The quickest legislative fix, she said, would change the scope of practice for mid-level practitioners, allowing them more authority to treat their patients.

“I’ve looked at the NP data extensively,” Dower said. “They can do about 85% of what a physician can do. The quality and outcomes compared to physicians are the same or better, and patient satisfaction is the same or better. Whenever I hear the differences [between people over] expansion of scope of practice, all of those [discussions] appear to be political compromises.”

Steve Barrow, from the California Workforce Development Council, said that the group recently released a plan to deal with the health workforce, and is looking for comment on the ideas. “We just posted an action plan based on 113 recommendations,” Barrow said, “and we’re looking for input till Mar. 30, that’s the last day for feedback.”

Ronald Cook flew out from Texas to present an entirely different idea. He represents Texas Tech University, which recently started a three-year program at its medical school, rather than the usual four-year post-graduate education.

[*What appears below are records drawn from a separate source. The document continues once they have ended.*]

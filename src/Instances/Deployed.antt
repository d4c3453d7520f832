-- ===== src/Instances/Deployed.antt =====
-- When the saga writes a row, and which.
use proof_arena.Base.{
  ◌≡◌, ◌↔◌, ◌≤◌, inl, inr, refl, ap, String, false, Option, none, some, List, [], ◌∷◌, arith, map,
  map-eq-nil, text_equality, if_cases, nat_beq,
}
use package.text.Mathlib.TextEquality.{eq_iff}
use proof_arena.Base.Json.{Fields}
use proof_arena.Base.Result.{Result, ok, err, bind-ok, ok-injective}
use proof_arena.Db.{AgentInstance, AgentTemplate, Store}
use proof_arena.Policy.{
  PolicyEngineError, WalletPolicy, validate_spec, build_wallet_policy, orca_devnet_allowlist,
}
use proof_arena.Policy.Envelope.{IsEnvelope, validate_spec-IsEnvelope, build_wallet_policy_iff}
use proof_arena.Policy.Rebalance.{EnvelopeError, swap_error, Raised, validate_spec_for_template}
use proof_arena.Policy.Rebalance.Accepted.{FitsTemplate, validate_spec_for_template_iff}
use proof_arena.Wallets.{
  WalletError, unknown_cluster, chain_mismatch, no_signing_service, privy_error, HostedWallet,
}
use proof_arena.Instances.{
  Outside, text_length, check_owner, is_swap, on_validated, check_spec, on_policy, check_policy,
  on_wallet, create_wallet, template_by_key, deployable, resolve_template, DeployCall, provision,
  deploy_instance,
}

on_validated_iff : (r : Result Raised (List EnvelopeError)) → (on_validated r ≡ ok tt) ↔ (r ≡ ok [])
on_validated_iff (ok []) = (λ h. refl, λ h. refl)
on_validated_iff (ok (e ∷ es)) = (λ h. absurd (cc), λ h. absurd (cc))
on_validated_iff (err raised) = (λ h. absurd (cc), λ h. absurd (cc))

-- the spec of a swap instance is validated as the template's is
swap_checked :
    (spec : Fields)
    → (◌≡◌ {A = Result Raised (List EnvelopeError)}
        (ok (map swap_error (validate_spec spec)))
        (ok []))
      ↔ FitsTemplate "swap_executor_v1" spec
swap_checked spec = (
  λ h. inl (
    refl,
    (validate_spec-IsEnvelope spec).0
        ((map-eq-nil swap_error (validate_spec spec)).0 (ok-injective h)),
  ),
  λ h. ap ok (
      (map-eq-nil swap_error (validate_spec spec)).1
        ((validate_spec-IsEnvelope spec).1 (swap_of spec h))),
)
  where
    swap_of : (spec : Fields) → FitsTemplate "swap_executor_v1" spec → IsEnvelope spec
    swap_of spec (inl (named, fits)) = fits
    swap_of spec (inr (named, fits)) =
        absurd (ground (arith, eq_iff "swap_executor_v1" "rebalance_executor_v1"))

check_spec_iff :
    (template_key : String) (spec : Fields)
    → (check_spec template_key spec ≡ ok tt) ↔ FitsTemplate template_key spec
unfolding check_spec
check_spec_iff template_key spec =
    if_cases
      (λ (r : Result Raised (List EnvelopeError)).
        (on_validated r ≡ ok tt) ↔ FitsTemplate template_key spec)
      (is_swap template_key)
      (λ swap.
        let named = (eq_iff template_key "swap_executor_v1").0 swap in
        let checked = on_validated_iff (ok (map swap_error (validate_spec spec))) in
        rw named
          (λ h. (swap_checked spec).0 (checked.0 h), λ h. checked.1 ((swap_checked spec).1 h)))
      (λ other.
        let checked = on_validated_iff (validate_spec_for_template template_key spec) in
        let fits = validate_spec_for_template_iff template_key spec in
        (λ h. fits.0 (checked.0 h), λ h. checked.1 (fits.1 h)))

on_policy-ok :
    (r : Result PolicyEngineError WalletPolicy) {p : WalletPolicy} → r ≡ ok p → on_policy r ≡ ok tt
on_policy-ok (ok p) h = refl
on_policy-ok (err e) h = absurd (cc)

-- a spec that passed the first step passes the second
check_policy-FitsTemplate :
    (template_key : String) (spec : Fields)
    → FitsTemplate template_key spec
    → check_policy template_key spec ≡ ok tt
unfolding check_policy
check_policy-FitsTemplate template_key spec (inl (named, fits)) =
    let (p, built) = (build_wallet_policy_iff spec orca_devnet_allowlist "devnet").1 (refl, fits) in
    let passes = on_policy-ok (build_wallet_policy spec orca_devnet_allowlist "devnet") built in
    ground (arith, passes)
check_policy-FitsTemplate template_key spec (inr (named, fits)) = ground (
  arith,
  eq_iff template_key "swap_executor_v1",
  eq_iff "rebalance_executor_v1" "swap_executor_v1",
)

check_owner_iff :
    (owner_ref : String) → (check_owner owner_ref ≡ ok tt) ↔ (text_length owner_ref ≤ 128)
check_owner_iff owner_ref = ground arith

on_wallet_iff :
    (r : Result WalletError HostedWallet) (wallet : HostedWallet)
    → (on_wallet r ≡ ok wallet) ↔ (r ≡ ok wallet)
on_wallet_iff (ok w) wallet = (λ h. ap ok (ok-injective h), λ h. ap ok (ok-injective h))
on_wallet_iff (err no_signing_service) wallet = (λ h. absurd (cc), λ h. absurd (cc))
on_wallet_iff (err (unknown_cluster s)) wallet = (λ h. absurd (cc), λ h. absurd (cc))
on_wallet_iff (err (chain_mismatch s)) wallet = (λ h. absurd (cc), λ h. absurd (cc))
on_wallet_iff (err (privy_error n s)) wallet = (λ h. absurd (cc), λ h. absurd (cc))

deployable_iff :
    (template_key : String) (o : Option AgentTemplate) (template : AgentTemplate)
    → (deployable template_key o ≡ ok template)
      ↔ ((o ≡ some template) × (nat_beq template.is_deployable 0 ≡ false))
deployable_iff template_key none template = (λ h. absurd (cc), λ h. absurd (cc))
deployable_iff template_key (some t) template = ground arith

-- what a deploy needs before it writes a row
abbrev pub IsReady : Outside → Store → DeployCall → Type 0
IsReady o db call =
    (text_length call.owner_ref ≤ 128)
    × FitsTemplate call.template_key call.effective_config
    × ((wallet : HostedWallet) × ((create_wallet o).1 ≡ ok wallet))
    × ((template : AgentTemplate) × (template_by_key db call.template_key ≡ some template)
        × (nat_beq template.is_deployable 0 ≡ false))

-- the steps before the row, and what they found
pub deploy_instance-steps :
    (o : Outside) (db : Store) (call : DeployCall) {out : Store × AgentInstance}
    → deploy_instance o db call ≡ ok out
    → (text_length call.owner_ref ≤ 128)
      × FitsTemplate call.template_key call.effective_config
      × ((wallet : HostedWallet) × (template : AgentTemplate) × ((create_wallet o).1 ≡ ok wallet)
          × (template_by_key db call.template_key ≡ some template)
          × (nat_beq template.is_deployable 0 ≡ false)
          × (provision o db call wallet template ≡ out))
unfolding deploy_instance resolve_template
deploy_instance-steps o db call h =
    let (_, bounded, h1) = bind-ok (check_owner call.owner_ref) _ h in
    let (_, valid, h2) = bind-ok (check_spec call.template_key call.effective_config) _ h1 in
    let (_, allowed, h3) = bind-ok (check_policy call.template_key call.effective_config) _ h2 in
    let (wallet, made, h4) = bind-ok (on_wallet (create_wallet o).1) _ h3 in
    let (template, found, h5) =
      bind-ok (deployable call.template_key (template_by_key db call.template_key)) _ h4 in
    let (stored, can) = (deployable_iff call.template_key _ template).0 found in
    (
      (check_owner_iff call.owner_ref).0 bounded,
      (check_spec_iff call.template_key call.effective_config).0 valid,
      (wallet, template, (on_wallet_iff _ wallet).0 made, stored, can, ok-injective h5),
    )

pub deploy_instance_iff :
    (o : Outside) (db : Store) (call : DeployCall)
    → ((out : Store × AgentInstance) × (deploy_instance o db call ≡ ok out)) ↔ IsReady o db call
unfolding deploy_instance resolve_template
deploy_instance_iff o db call = (
  λ (out, h).
      let (bounded, fits, (wallet, template, made, stored, can, same)) =
        deploy_instance-steps o db call h in
      (bounded, fits, (wallet, made), (template, stored, can)),
  λ (bounded, fits, (wallet, made), (template, stored, can)). (
    provision o db call wallet template,
    rw
        (
          (check_owner_iff call.owner_ref).1 bounded,
          (check_spec_iff call.template_key call.effective_config).1 fits,
          check_policy-FitsTemplate call.template_key call.effective_config fits,
          (on_wallet_iff _ wallet).1 made,
          (deployable_iff call.template_key _ template).1 (stored, can),
        )
        refl,
  ),
)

“The idea is to produce physicians a lot more quickly, and save a year of medical education debt,” Cook said. “We’re trying to get students out into the community faster, a year sooner than normally, at about half the cost.”

At this point, Hernandez said, he’s willing to consider a lot of possibilities.

“We will need an increased workforce, there is no doubt,” Hernandez said. “We need to make sure there’s enough workforce out there to get everyone access to care.”